[WARN] serf: Event queue depth: 4096

516 views
Skip to first unread message

Chris Miller

unread,
Apr 21, 2016, 5:27:41 AM4/21/16
to Consul
We're seeing a situation where Consul is logging the following every second or so:

Apr 20 17:27:08 demolx1 consul: 2016/04/20 17:27:08 [WARN] serf: Event queue depth: 4096
Apr 20 17:27:08 demolx1 consul[1632]: serf: Event queue depth: 4096

This continues indefinitely and seems to cause Consul to use some CPU in the process (a constant 2%+ on an 8 core server).

Additional information:

We have just a single Consul server instance running with the following config:
{
    "bootstrap_expect": 1,
    "server": true,
    "datacenter": "test",
    "data_dir": "/var/consul",
    "encrypt": "...",
    "log_level": "INFO",
    "enable_syslog": true,
    "client_addr": "0.0.0.0",
    "start_join": ["10.112.32.97"]
}

We have 4 services that register themselves with Consul, and a couple of clients that monitor Consul for these services.
The services use /v1/event/fire/ and /v1/event/list to send messages to each other and to the clients. We did have a bug whereby /v1/event/list was using the wrong index for blocking calls, so was being called in a tight loop so perhaps that is what triggered the initial problem. As far as I'm aware we're sending very few events overall, at peak maybe a few events per second but usually should be much less. However even if we stop every single service and client process so there is nothing talking to Consul at all, Consul keeps on churning out the "Event queue depth: 4096" warnings ad infinitum. What causes this? Is it to be expected? Restarting Consul does make the warnings go away.

Armon Dadgar

unread,
Apr 21, 2016, 8:35:32 PM4/21/16
to consu...@googlegroups.com, Chris Miller
Chris,

Do you have a single node cluster that means? In a single node cluster case, there
is no other node to gossip with, so the event queues get saturated buffering messages
since there is nobody to send to, and they drop older messages and warn about the
saturation. It’s harmless, and sounds like it might be due to having only a single node.

Best Regards,
Armon Dadgar
--
This mailing list is governed under the HashiCorp Community Guidelines - https://www.hashicorp.com/community-guidelines.html. Behavior in violation of those guidelines may result in your removal from this mailing list.
 
GitHub Issues: https://github.com/hashicorp/consul/issues
IRC: #consul on Freenode
---
You received this message because you are subscribed to the Google Groups "Consul" group.
To unsubscribe from this group and stop receiving emails from it, send an email to consul-tool...@googlegroups.com.
To view this discussion on the web visit https://groups.google.com/d/msgid/consul-tool/d1a3d6a7-2beb-4d97-b387-5e43785b9bae%40googlegroups.com.
For more options, visit https://groups.google.com/d/optout.

Chris Miller

unread,
Apr 22, 2016, 7:49:55 AM4/22/16
to Consul, chri...@gmail.com
Hi Armon,

Yes, this is just a single node cluster so sounds like your explanation is correct (we also have a completely separate three node cluster where we don't see this issue).

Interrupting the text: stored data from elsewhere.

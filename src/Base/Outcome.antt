-- ===== src/Base/Outcome.antt =====
-- Runs of Rust code that may panic, or trap in WebAssembly.
use mathlib.Core.Path.{◌≡◌, refl}
use Prim.Native.Nat.{ℕ, zero, suc}
use mathlib.Core.List.{List, [], ◌∷◌}
use mathlib.Core.Bool.{Bool, true, false}

-- Why a run stopped: a failed `assert!`, a slice index out of range, a remainder by zero, a linear
-- memory access out of range, a failed `unwrap` or `expect`, an explicit `panic!`, and an arithmetic
-- overflow of a debug build.
pub data Panic : Type 0 where
  assertion index remainder trap unwrap explicit overflow : Panic

pub data Run {ℓ} (A : Type ℓ) : Type ℓ where
  ok : A → Run A
  panic : Panic → Run A

-- Sequencing: the first failure is the answer.
module _ {ℓ₁ ℓ₂} {A : Type ℓ₁} {B : Type ℓ₂} where
  infixl 5 ◌>>=◌
  abbrev pub ◌>>=◌ : Run A → (A → Run B) → Run B
  panic why >>= next = panic why
  ok x >>= next = next x

  -- A sequence that succeeds has run both of its parts.
  pub >>=-eq-ok :
      {y : B} (r : Run A) (next : A → Run B)
      → (r >>= next) ≡ ok y
      → (x : A) × (r ≡ ok x) × (next x ≡ ok y)
  >>=-eq-ok (panic why) next eq = absurd (cc eq)
  >>=-eq-ok (ok x) next eq = (x, refl, eq)

abbrev pub check : Bool → Panic → Run (Unit {0})
check true why = ok tt
check false why = panic why

abbrev pub assert : Bool → Run (Unit {0})
assert b = check b assertion

module _ {ℓ} {B : Type ℓ} where
  infixl 5 ◌>>◌
  abbrev pub ◌>>◌ : Run (Unit {0}) → Run B → Run B
  ok _ >> next = next
  panic why >> next = panic why

-- A slice at an index.
abbrev pub item {ℓ} : {A : Type ℓ} → List A → ℕ → Run A
item [] i = panic index
item (x ∷ xs) zero = ok x
item (x ∷ xs) (suc i) = item xs i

It's very helpful to know that the messages are harmless, thank you. Perhaps the logging of these warnings could be suppressed in the specific case when bootstrap-expect = 1? Or does the number of agent nodes impact this too? (We have no agents in this configuration). The warnings are generating a lot of noise in our logs, and short of setting the log level to Error I'm not sure there's any way to disable them? This is just a test/dev system and we're unlikely to increase the cluster size above 1 any time soon.

Armon Dadgar

unread,
Apr 22, 2016, 1:23:47 PM4/22/16
to consu...@googlegroups.com, Chris Miller, chri...@gmail.com
Hey Chris,

One of the reasons we don’t mask the warning is that you can imaging
a multi node cluster where a network partition has caused a node to get
isolated from the rest of the cluster, such that it seems like a one node cluster.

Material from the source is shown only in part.